EXERCISE BRIEF:
Pick out each line in these entries that contains the string "else".

** Opening DATA PROVIDED block **

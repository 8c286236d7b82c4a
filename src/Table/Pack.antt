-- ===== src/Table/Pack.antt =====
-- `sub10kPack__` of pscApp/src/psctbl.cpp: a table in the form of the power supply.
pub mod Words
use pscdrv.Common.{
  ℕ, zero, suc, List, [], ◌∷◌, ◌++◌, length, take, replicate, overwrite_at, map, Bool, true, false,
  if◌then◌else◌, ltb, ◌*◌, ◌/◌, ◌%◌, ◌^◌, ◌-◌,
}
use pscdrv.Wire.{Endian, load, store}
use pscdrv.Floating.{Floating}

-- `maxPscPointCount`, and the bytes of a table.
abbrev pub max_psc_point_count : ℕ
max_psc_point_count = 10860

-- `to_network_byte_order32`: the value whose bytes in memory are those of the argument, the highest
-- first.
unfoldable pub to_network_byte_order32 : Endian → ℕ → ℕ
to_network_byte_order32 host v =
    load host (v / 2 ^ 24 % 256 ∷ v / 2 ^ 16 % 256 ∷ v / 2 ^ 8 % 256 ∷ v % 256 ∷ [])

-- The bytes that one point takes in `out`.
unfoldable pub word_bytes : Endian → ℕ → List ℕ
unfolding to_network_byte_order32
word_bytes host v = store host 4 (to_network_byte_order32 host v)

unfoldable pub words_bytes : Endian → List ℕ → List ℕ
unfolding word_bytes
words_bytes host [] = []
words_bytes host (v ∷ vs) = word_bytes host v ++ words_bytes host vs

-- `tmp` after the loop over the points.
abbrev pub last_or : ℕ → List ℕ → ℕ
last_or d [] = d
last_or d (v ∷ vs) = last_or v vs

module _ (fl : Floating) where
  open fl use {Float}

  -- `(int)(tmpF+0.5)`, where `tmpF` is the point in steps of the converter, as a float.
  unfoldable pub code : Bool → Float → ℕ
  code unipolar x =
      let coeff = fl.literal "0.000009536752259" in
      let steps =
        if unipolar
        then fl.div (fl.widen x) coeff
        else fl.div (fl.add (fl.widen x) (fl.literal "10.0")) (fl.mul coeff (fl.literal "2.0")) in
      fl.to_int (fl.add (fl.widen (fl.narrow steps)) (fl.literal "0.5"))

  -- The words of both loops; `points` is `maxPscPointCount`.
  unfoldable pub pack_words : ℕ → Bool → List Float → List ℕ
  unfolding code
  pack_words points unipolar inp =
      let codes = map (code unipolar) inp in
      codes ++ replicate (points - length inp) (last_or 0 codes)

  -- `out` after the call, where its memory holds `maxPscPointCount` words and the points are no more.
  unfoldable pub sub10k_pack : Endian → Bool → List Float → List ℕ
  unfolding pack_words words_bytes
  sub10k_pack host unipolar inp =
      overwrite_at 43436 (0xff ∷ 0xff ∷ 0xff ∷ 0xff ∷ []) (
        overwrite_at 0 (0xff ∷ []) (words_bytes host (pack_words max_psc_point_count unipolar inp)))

** Closing DATA PROVIDED block **
** Opening DATA PROVIDED block **

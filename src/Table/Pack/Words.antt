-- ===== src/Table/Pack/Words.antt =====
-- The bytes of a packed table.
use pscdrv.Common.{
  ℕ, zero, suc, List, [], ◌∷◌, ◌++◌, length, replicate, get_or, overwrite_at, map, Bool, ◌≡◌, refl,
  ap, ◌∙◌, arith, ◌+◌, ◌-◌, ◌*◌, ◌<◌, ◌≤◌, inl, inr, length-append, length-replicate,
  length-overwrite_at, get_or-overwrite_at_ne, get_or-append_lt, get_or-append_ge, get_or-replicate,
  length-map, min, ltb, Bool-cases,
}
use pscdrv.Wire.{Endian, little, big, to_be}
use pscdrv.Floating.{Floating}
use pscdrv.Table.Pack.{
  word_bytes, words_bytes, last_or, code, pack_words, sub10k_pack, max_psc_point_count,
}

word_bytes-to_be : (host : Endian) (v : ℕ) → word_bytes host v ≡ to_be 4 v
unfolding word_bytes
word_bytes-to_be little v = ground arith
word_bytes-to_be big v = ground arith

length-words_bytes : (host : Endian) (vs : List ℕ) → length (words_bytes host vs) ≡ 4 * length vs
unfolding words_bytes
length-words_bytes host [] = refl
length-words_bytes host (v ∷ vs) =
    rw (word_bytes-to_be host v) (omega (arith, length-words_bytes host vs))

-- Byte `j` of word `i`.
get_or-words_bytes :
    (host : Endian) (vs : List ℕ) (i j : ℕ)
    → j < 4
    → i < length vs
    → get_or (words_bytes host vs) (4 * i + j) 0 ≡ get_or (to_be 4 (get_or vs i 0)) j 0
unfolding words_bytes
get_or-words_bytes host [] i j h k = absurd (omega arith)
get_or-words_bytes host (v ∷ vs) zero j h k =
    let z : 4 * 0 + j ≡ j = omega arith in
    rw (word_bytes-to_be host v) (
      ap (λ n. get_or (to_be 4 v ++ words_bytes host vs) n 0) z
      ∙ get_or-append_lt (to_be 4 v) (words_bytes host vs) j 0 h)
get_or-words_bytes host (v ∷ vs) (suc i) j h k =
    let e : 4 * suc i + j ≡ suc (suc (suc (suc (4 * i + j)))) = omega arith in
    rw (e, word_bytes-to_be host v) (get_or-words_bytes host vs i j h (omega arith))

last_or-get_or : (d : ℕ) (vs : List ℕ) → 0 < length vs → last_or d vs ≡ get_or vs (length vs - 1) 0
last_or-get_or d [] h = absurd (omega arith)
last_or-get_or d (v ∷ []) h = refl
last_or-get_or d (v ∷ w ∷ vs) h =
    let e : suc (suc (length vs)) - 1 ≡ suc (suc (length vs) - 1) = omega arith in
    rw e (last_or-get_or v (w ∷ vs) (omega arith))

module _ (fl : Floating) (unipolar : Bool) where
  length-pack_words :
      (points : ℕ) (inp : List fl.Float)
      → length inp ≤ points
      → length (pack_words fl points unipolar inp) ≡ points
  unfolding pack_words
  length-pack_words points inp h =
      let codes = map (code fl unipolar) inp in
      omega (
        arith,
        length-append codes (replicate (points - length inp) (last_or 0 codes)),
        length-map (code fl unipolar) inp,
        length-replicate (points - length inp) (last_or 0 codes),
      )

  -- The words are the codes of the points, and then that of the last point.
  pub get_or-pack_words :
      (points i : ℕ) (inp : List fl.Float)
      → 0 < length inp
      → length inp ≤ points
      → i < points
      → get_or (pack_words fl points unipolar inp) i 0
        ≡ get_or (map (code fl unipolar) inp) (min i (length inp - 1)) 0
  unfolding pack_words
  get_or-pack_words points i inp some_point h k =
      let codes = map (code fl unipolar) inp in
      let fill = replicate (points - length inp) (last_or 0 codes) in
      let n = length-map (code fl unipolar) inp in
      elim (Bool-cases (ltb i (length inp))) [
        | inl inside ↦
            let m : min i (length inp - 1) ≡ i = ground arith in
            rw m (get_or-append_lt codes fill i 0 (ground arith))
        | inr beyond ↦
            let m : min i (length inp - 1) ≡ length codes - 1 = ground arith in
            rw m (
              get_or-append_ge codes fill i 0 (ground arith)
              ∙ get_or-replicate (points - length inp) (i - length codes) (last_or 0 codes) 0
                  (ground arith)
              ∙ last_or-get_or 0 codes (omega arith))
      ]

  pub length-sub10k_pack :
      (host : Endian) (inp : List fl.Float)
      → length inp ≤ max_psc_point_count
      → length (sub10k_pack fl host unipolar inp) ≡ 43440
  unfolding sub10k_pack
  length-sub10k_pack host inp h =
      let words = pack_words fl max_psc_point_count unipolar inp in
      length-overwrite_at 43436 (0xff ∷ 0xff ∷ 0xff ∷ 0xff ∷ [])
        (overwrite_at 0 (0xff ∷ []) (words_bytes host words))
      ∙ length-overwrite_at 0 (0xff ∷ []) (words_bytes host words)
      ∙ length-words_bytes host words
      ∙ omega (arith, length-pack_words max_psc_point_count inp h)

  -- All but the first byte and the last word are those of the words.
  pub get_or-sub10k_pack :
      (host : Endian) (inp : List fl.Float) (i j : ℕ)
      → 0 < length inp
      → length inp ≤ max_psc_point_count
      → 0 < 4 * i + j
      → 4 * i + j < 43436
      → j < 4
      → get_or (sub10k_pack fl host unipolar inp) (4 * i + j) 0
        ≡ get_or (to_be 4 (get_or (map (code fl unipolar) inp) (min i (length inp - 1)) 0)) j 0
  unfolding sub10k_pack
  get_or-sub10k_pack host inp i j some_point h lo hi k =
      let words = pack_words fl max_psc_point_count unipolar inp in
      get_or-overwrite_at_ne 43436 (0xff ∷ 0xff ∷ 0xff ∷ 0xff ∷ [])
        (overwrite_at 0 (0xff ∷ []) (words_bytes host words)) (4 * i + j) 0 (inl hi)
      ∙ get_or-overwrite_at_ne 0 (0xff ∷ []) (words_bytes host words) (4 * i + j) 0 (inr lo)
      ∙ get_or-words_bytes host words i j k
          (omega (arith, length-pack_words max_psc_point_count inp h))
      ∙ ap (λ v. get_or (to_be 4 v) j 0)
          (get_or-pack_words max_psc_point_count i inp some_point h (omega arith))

** Closing DATA PROVIDED block **
** Opening DATA PROVIDED block **

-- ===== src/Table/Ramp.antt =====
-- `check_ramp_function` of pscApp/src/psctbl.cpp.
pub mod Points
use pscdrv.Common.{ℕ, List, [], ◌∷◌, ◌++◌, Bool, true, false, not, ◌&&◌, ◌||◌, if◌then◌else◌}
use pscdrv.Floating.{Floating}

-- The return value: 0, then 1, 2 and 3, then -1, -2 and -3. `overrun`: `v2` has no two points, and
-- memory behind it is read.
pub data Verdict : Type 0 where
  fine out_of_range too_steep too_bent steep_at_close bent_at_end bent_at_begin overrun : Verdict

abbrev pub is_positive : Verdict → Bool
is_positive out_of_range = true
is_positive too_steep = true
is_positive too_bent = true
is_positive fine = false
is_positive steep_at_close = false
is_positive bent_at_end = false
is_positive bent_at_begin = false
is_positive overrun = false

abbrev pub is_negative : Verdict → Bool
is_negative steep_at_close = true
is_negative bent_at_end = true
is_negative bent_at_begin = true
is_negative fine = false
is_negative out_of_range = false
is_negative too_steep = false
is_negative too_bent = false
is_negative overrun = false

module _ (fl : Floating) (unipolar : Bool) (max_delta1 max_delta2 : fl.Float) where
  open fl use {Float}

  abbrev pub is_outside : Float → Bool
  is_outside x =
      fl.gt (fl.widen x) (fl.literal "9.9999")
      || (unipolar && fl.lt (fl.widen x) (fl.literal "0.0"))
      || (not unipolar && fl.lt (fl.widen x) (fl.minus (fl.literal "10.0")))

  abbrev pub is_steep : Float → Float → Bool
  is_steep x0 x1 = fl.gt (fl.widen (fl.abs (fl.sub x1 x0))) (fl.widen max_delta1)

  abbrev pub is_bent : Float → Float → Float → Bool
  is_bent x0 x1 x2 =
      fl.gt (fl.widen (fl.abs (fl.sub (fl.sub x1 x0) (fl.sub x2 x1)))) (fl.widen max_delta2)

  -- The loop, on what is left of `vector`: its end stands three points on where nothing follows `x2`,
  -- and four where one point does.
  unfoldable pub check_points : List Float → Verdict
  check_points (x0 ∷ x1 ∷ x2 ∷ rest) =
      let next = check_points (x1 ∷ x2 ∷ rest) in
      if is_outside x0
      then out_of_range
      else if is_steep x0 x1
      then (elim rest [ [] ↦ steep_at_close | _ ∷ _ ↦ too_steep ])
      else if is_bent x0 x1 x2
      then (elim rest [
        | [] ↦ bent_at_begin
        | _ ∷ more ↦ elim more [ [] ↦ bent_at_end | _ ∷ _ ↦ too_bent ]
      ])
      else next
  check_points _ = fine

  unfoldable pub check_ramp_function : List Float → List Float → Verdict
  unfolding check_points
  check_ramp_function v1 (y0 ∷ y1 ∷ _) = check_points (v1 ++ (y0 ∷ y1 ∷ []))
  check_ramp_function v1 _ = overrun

** Closing DATA PROVIDED block **

EXERCISE SOLUTION:
  if◌then◌else◌, ltb, ◌*◌, ◌/◌, ◌%◌, ◌^◌, ◌-◌,
        else fl.div (fl.add (fl.widen x) (fl.literal "10.0")) (fl.mul coeff (fl.literal "2.0")) in
use pscdrv.Common.{ℕ, List, [], ◌∷◌, ◌++◌, Bool, true, false, not, ◌&&◌, ◌||◌, if◌then◌else◌}
      else if is_steep x0 x1
      else if is_bent x0 x1 x2
      else next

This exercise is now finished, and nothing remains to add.